**Problem to solve**: The reply should consist of the line containing "gated-IsGuarded git options" and all lines after it in the listing below, reproduced exactly and nothing more.

**Task data**:
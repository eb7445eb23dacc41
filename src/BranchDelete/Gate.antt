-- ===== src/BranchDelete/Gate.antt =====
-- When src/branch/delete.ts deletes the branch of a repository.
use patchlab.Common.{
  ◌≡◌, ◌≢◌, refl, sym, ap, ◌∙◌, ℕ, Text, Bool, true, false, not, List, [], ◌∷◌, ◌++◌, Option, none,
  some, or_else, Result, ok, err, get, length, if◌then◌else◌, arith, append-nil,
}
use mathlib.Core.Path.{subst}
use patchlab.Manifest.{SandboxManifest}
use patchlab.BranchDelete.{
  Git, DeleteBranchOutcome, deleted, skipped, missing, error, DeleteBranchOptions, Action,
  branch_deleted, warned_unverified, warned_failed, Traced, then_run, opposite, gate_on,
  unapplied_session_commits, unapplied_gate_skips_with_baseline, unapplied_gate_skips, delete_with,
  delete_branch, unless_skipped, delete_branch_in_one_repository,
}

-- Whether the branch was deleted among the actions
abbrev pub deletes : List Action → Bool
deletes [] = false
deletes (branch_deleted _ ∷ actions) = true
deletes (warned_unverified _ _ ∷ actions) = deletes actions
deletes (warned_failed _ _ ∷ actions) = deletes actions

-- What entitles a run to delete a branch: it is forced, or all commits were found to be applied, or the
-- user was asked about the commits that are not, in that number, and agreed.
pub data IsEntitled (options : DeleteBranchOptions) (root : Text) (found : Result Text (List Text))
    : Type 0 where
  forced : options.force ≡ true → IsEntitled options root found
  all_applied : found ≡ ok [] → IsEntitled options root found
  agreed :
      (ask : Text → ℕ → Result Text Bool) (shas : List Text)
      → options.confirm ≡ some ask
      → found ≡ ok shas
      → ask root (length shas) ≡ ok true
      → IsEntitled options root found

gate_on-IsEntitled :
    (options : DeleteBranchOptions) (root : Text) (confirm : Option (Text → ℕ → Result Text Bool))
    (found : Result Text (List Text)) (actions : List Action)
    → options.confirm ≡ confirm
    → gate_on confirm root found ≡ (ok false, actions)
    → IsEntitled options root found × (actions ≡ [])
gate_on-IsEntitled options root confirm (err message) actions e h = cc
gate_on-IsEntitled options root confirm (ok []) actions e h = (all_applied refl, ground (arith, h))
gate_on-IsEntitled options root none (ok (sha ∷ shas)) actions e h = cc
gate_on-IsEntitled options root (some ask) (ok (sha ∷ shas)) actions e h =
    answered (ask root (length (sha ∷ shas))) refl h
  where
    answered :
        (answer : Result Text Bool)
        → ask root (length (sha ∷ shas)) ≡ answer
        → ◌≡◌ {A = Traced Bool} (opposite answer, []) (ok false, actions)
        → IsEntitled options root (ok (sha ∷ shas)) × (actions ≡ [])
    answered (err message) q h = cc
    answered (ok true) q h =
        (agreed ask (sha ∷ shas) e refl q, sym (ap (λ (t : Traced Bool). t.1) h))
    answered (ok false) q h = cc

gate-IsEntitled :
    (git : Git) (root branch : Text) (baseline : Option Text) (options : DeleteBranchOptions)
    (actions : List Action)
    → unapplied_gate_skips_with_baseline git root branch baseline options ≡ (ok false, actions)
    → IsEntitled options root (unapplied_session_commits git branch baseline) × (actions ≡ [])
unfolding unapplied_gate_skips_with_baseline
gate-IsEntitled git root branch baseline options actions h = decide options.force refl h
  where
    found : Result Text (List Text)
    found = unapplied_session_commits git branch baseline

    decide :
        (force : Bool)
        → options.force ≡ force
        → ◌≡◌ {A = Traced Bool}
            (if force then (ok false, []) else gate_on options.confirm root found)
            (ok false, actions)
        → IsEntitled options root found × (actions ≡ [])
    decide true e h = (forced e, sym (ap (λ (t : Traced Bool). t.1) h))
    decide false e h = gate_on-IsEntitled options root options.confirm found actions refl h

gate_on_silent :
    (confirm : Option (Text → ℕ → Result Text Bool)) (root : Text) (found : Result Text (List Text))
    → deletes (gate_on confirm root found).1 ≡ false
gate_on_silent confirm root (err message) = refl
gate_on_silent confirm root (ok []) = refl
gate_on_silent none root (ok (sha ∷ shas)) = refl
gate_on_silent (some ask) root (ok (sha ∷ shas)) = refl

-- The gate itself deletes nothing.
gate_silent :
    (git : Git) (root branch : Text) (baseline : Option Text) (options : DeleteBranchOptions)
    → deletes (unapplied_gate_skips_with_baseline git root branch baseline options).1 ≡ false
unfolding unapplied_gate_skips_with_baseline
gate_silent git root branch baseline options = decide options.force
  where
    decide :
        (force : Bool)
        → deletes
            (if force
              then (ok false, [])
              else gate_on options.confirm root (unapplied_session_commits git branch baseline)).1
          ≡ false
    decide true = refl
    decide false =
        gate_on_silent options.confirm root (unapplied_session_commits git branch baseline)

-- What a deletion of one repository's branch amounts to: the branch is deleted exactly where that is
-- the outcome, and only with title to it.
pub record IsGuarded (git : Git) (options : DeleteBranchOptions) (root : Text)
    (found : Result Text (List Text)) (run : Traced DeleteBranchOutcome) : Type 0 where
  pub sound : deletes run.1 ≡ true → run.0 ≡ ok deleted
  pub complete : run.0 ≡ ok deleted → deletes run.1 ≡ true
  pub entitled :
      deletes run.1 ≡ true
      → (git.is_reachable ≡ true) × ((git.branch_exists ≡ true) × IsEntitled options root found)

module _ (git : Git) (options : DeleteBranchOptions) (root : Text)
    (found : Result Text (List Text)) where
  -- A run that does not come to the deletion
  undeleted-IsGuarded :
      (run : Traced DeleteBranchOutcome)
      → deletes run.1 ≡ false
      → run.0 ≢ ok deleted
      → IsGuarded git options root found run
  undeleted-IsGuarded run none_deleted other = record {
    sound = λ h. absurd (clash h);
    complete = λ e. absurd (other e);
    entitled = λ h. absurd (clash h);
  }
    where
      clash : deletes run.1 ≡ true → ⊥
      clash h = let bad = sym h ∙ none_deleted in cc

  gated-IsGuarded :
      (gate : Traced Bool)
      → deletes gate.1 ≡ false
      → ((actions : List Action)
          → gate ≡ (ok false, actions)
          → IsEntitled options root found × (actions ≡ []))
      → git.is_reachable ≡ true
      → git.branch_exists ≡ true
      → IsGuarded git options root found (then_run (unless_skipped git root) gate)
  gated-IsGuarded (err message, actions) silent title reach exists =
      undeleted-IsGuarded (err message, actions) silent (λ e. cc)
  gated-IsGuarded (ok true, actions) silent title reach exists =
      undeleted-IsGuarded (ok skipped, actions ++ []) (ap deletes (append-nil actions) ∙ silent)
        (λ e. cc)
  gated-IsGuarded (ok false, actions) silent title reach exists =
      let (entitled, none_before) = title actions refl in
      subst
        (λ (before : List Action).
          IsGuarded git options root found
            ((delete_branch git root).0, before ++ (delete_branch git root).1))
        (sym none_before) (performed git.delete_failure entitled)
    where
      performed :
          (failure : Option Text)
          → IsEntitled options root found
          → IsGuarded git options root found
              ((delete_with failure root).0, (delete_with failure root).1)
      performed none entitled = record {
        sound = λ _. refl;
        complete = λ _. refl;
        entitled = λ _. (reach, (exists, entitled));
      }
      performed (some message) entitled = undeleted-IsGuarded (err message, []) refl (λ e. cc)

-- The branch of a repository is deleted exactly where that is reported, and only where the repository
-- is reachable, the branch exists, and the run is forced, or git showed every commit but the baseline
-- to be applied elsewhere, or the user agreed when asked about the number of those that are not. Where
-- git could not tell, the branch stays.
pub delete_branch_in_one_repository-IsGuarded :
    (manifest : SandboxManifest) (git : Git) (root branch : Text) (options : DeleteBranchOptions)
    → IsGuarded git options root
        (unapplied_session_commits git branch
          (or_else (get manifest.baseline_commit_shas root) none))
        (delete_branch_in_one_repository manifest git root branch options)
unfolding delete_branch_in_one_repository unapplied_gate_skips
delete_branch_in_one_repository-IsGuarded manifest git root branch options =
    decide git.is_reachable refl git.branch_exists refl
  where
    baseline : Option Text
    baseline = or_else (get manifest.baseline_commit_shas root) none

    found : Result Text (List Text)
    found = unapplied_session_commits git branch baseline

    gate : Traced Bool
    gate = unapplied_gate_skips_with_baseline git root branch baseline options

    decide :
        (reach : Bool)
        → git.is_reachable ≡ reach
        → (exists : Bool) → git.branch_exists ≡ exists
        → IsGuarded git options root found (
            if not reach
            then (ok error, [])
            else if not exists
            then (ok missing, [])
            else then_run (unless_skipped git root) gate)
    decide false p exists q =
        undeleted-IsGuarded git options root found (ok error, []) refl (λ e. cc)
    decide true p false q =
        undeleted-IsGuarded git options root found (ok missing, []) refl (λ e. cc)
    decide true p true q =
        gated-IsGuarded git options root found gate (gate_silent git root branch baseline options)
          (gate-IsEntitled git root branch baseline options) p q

**Response below**:
        gated-IsGuarded git options root found gate (gate_silent git root branch baseline options)
          (gate-IsEntitled git root branch baseline options) p q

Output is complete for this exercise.